Because the bottom bracket is so high up, your legs can't stretch as far down as they might and so you have to raise the seat height, which then brings in a whole cluster of other problems.

Sheldon Brown actually wrote about this problem here: https://www.sheldonbrown.com/upgrade.html

Bottom-Bracket Height

Traditional bikes for road use normally had bottom brackets about 10 5/8" from the road. Everybody knew that they shouldn't pedal while leaning sharply into a high-speed corner.

When mountain bikes became the default style of bike for most buyers, people got used to 11 1/2", 12 1/2" or even higher bottom brackets. This is a good thing for serious off-road riding, giving better clearance for logs, rocks, ruts and other obstacles.

Once the marketplace had become accustomed to high bottom brackets, manufacturers became afraid to sell bikes with low ones any more. The nightmare was that some clueless rider with a good lawyer would pedal through a high-speed corner, catch a pedal, spin out and crash. In court, the shyster could point to all the other bikes on the market with high bottom brackets, and accuse the manufacturer of making an abnormal, unsafe bike.

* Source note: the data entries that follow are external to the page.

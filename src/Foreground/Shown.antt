-- ===== src/Foreground/Shown.antt =====
-- What the marks and the publications of an attempt leave shown (`sync-connection-store.helpers.ts`).
use mathlib.Core.Bool.{}
use autoreas_mobile.Prelude.{
  ℕ, false, ◌≡◌, ◌≢◌, refl, nat_eq, arith, Bool-cases, inl, inr, if◌then◌else◌,
}
use autoreas_mobile.Database.{}
use autoreas_mobile.Connection.{
  Connection, SyncConnectionStatus, idle, online, unreachable, sync_error, CycleFailure,
  is_unreachable, mark_sync_connection_succeeded, mark_sync_connection_failed,
  mark_sync_connection_pending, publish_sync_connection_attempt,
}
use autoreas_mobile.Cycle.{}
use autoreas_mobile.Cycle.Chain.{}
use autoreas_mobile.Cycle.Ends.Rounds.{}
use autoreas_mobile.Flush.{}
use autoreas_mobile.Runtime.{}
use autoreas_mobile.Foreground.{}

-- While the attempt is still the latest, the connection shows this.
unfoldable pub IsShown : ℕ → SyncConnectionStatus → Connection → Type 0
IsShown attempt kind c = c.current ≡ attempt → c.snapshot.kind ≡ kind

other_attempt : (attempt current : ℕ) → nat_eq attempt current ≡ false → current ≢ attempt
other_attempt attempt current h same = ground arith

abbrev pub failure_kind : CycleFailure → SyncConnectionStatus
failure_kind error = if is_unreachable error then unreachable else sync_error

module _ (attempt instant : ℕ) (c : Connection) where
  pub succeeded-IsShown : IsShown attempt online (mark_sync_connection_succeeded attempt instant c)
  unfolding IsShown mark_sync_connection_succeeded
  succeeded-IsShown = elim (Bool-cases (nat_eq attempt c.current)) [
    | inl h ↦ rw h (λ same. refl)
    | inr h ↦ rw h (λ same. absurd (other_attempt attempt c.current h same))
  ]

  pub left_pending-IsShown : IsShown attempt idle (mark_sync_connection_pending attempt instant c)
  unfolding IsShown mark_sync_connection_pending
  left_pending-IsShown = elim (Bool-cases (nat_eq attempt c.current)) [
    | inl h ↦ rw h (λ same. refl)
    | inr h ↦ rw h (λ same. absurd (other_attempt attempt c.current h same))
  ]

  pub failed-IsShown :
      (error : CycleFailure)
      → IsShown attempt (failure_kind error) (mark_sync_connection_failed attempt error instant c)
  unfolding IsShown mark_sync_connection_failed
  failed-IsShown error = elim (Bool-cases (nat_eq attempt c.current)) [
    | inl h ↦ rw h (λ same. refl)
    | inr h ↦ rw h (λ same. absurd (other_attempt attempt c.current h same))
  ]

-- What a publication leaves is shown, whatever happens to the connection meanwhile.
pub published-IsShown :
    (attempt : ℕ) (kind : SyncConnectionStatus)
    (meanwhile publish_connection : Connection → Connection) (c : Connection)
    → ((d : Connection) → IsShown attempt kind (publish_connection d))
    → IsShown attempt kind
        (publish_sync_connection_attempt attempt meanwhile publish_connection c).connection
unfolding IsShown publish_sync_connection_attempt
published-IsShown attempt kind meanwhile publish_connection c shows =
    elim (Bool-cases (nat_eq attempt c.current)) [
      | inr h ↦ rw h (λ same. absurd (other_attempt attempt c.current h same))
      | inl h ↦ elim (Bool-cases (nat_eq attempt (meanwhile c).current)) [
        | inr k ↦ rw h (rw k (λ same. absurd (other_attempt attempt (meanwhile c).current k same)))
        | inl k ↦ rw h (rw k (shows (meanwhile c)))
      ]
    ]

A high bottom bracket has no real virtue for most on-road use, and actually represents a fairly serious drawback for the typical rider. A higher bottom bracket should require a higher saddle. The higher saddle precludes putting a toe down when stopping for a red light, stop sign, etc. This is a cumulatively major inconvenience for cyclists who ride in built-up areas. It generally makes starting and stopping noticeably more awkward. (See: Starting and Stopping.)

Many cyclists, unaware of this change in geometry, adjust their saddle height as they always did, with respect to their reach to the ground. This results in their saddles' being too low for efficient pedaling, which is harmful to the knees and encourages excessive standing pedaling.


Your main concern will be the saddle. From the image, it is a) very low by default, and b) the tube in the frame that holds the seat post ends very low. For a good fit, your saddle must be high enough so that your leg is almost fully stretched when going through the lowest point of the pedals. Your body dictates the distance between pedals and saddle.

With the frame you've shown, that means that you must use a ridiculously long seat post. And that is a problem: The longer the seat post, the longer the lever that exerts bending force at the point where the frame starts, and thus the greater the danger of breaking the seat post. This is a strong security concern in my eyes as I have indeed already managed to break a seat post.

I would not try to fit this bike for a 6-foot person.